• **WHAT YOU WILL DO**: Find the string "Balance" in the material. Copy every line that has it.

• **TASK DATA**:
"""

-- ===== src/DbPrint/Db.antt =====
-- What bin/print.rs calls of ton_block, ton_block_json and the database. The program changes neither
-- the database nor the files, so that what they hold is a parameter. What happens outside is the
-- output, as the texts that are written, newest first.
use ever_node_tools.Prelude.{
  ℕ, ◌-◌, ◌^◌, String, ◌<>◌, Bool, true, false, Option, none, some, List, [], ◌∷◌,
}
use ever_node_tools.Outcome.{Outcome, ok, err, ok_or, Result, outcome}
pub use ever_node_tools.Outcome.{Iteration, ended}
use ever_node_tools.Outcome
use ever_node_tools.Io.{Io, pure, lift, perform, ◌>>=◌, ◌>>◌}
use ever_node_tools.Rust.Word.{Bytes}
use ever_node_tools.Rust.Parse.{parse_unsigned}
use ever_node_tools.Json.{Json}

pub record Api : Type 1 where
  pub Block : Type 0
  pub block_from_bytes : Bytes → Option Block
  pub debug_block : Block → Result String
  pub debug_block_full : Block → Result String
  pub State : Type 0
  pub state_from_bytes : Bytes → Option State
  pub debug_state : State → Result String
  pub debug_state_full : State → Result String
  pub BlockId : Type 0
  pub block_id_from_str : String → Option BlockId
  pub block_id_text : BlockId → String
  -- a shard of a masterchain state: `before_merge` and its block
  pub Shard : Type 0
  pub before_merge : Shard → String
  pub shard_block_id : Shard → BlockId
  -- accounts
  pub ShardAccount : Type 0
  pub accounts : State → Result (Iteration ShardAccount)
  pub Account : Type 0
  pub read_account : ShardAccount → Result Account
  pub address : Account → Option String
  pub last_paid : Account → Option ℕ
  pub last_tr_time : Account → Option ℕ
  pub Balance : Type 0
  pub balance : Account → Option Balance
  pub grams : Balance → ℕ
  pub no_other : Balance → Bool
  pub other : Balance → Result (List (ℕ × String))
  -- `{:#}`
  pub pretty : Json → String

-- The files and the database.
pub record World (api : Api) : Type 1 where
  pub file : String → Result Bytes
  pub Db : Type 0
  pub with_update : String → Result Db
  pub Handle : Type 0
  pub load_block_handle : Db → api.BlockId → Result (Option Handle)
  -- a block and a state as they are loaded, and what they hold
  pub BlockStuff : Type 0
  pub load_block_data : Db → Handle → Result BlockStuff
  pub block : BlockStuff → Result api.Block
  pub StateStuff : Type 0
  pub load_shard_state_dynamic : Db → api.BlockId → Result StateStuff
  pub state : StateStuff → Result api.State
  pub shards : StateStuff → Option (Iteration api.Shard)
  pub find_mc_block_by_seq_no : Db → ℕ → Result Handle
  pub handle_id : Handle → api.BlockId
  pub last_applied : Db → Result (Option api.BlockId)
  pub top_blocks_all : StateStuff → Result (List api.BlockId)

-- `println!` and `print!`
abbrev pub print_line : String → Io String (Unit {0})
print_line text = perform (text <> "\n") (λ h. ok tt)

abbrev pub print : String → Io String (Unit {0})
print text = perform text (λ h. ok tt)

module _ (api : Api) where
  abbrev pub block_text : Bool → api.Block → Result String
  block_text true block = api.debug_block block
  block_text false block = api.debug_block_full block

  unfoldable pub print_block : api.Block → Bool → Io String (Unit {0})
  print_block block brief = do text ← lift (outcome (block_text brief block)); print_line text

  abbrev pub state_text : Bool → api.State → Result String
  state_text true state = api.debug_state state
  state_text false state = api.debug_state_full state

  unfoldable pub print_state : api.State → Bool → Io String (Unit {0})
  print_state state brief = do text ← lift (outcome (state_text brief state)); print_line text

module _ (api : Api) (world : World api) (db : world.Db) where
  unfoldable pub print_db_block : api.BlockId → Bool → Io String (Unit {0})
  print_db_block block_id brief = do
    print_line ("loading block: " <> api.block_id_text block_id)
    found ← lift (outcome (world.load_block_handle db block_id))
    handle ← lift (ok_or ("Cannot load block " <> api.block_id_text block_id) found)
    stuff ← lift (outcome (world.load_block_data db handle))
    block ← lift (outcome (world.block stuff))
    print_block api block brief

  unfoldable pub print_db_state : api.BlockId → Bool → Io String (Unit {0})
  print_db_state block_id brief = do
    print_line ("loading state: " <> api.block_id_text block_id)
    stuff ← lift (outcome (world.load_shard_state_dynamic db block_id))
    state ← lift (outcome (world.state stuff))
    print_state api state brief

  unfoldable pub print_descrs : List api.Shard → Io String (Unit {0})
  print_descrs [] = pure tt
  print_descrs (shard ∷ shards) = do
    print_line (
        "before_merge: "
        <> (api.before_merge shard <> (" " <> api.block_id_text (api.shard_block_id shard))))
    print_descrs shards

  -- a state without shards is no error
  abbrev pub print_if_shards : Option (Iteration api.Shard) → Io String (Unit {0})
  print_if_shards none = pure tt
  print_if_shards (some (shards, last)) = do print_descrs shards; lift (ended last)

  unfoldable pub print_shards : api.BlockId → Io String (Unit {0})
  print_shards block_id = do
    print_line ("loading state: " <> api.block_id_text block_id)
    stuff ← lift (outcome (world.load_shard_state_dynamic db block_id))
    print_if_shards (world.shards stuff)

  -- the masterchain block with the number that the text stands for
  abbrev pub seqno_id : String → Outcome api.BlockId
  seqno_id id = Outcome.◌>>=◌ (parse_unsigned (2 ^ 32 - 1) id) λ mc_seqno.
      Outcome.◌>>=◌ (outcome (world.find_mc_block_by_seq_no db mc_seqno))
        λ handle. ok (world.handle_id handle)

  abbrev pub or_seqno : Option api.BlockId → String → Outcome api.BlockId
  or_seqno (some block_id) id = ok block_id
  or_seqno none id = seqno_id id

  -- a full block id, or else the number of a masterchain block
  unfoldable pub get_block_id : String → Outcome api.BlockId
  get_block_id id = or_seqno (api.block_id_from_str id) id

"""

• **EXERCISE RESPONSE**:
  pub Balance : Type 0
  pub balance : Account → Option Balance
  pub grams : Balance → ℕ
  pub no_other : Balance → Bool
  pub other : Balance → Result (List (ℕ × String))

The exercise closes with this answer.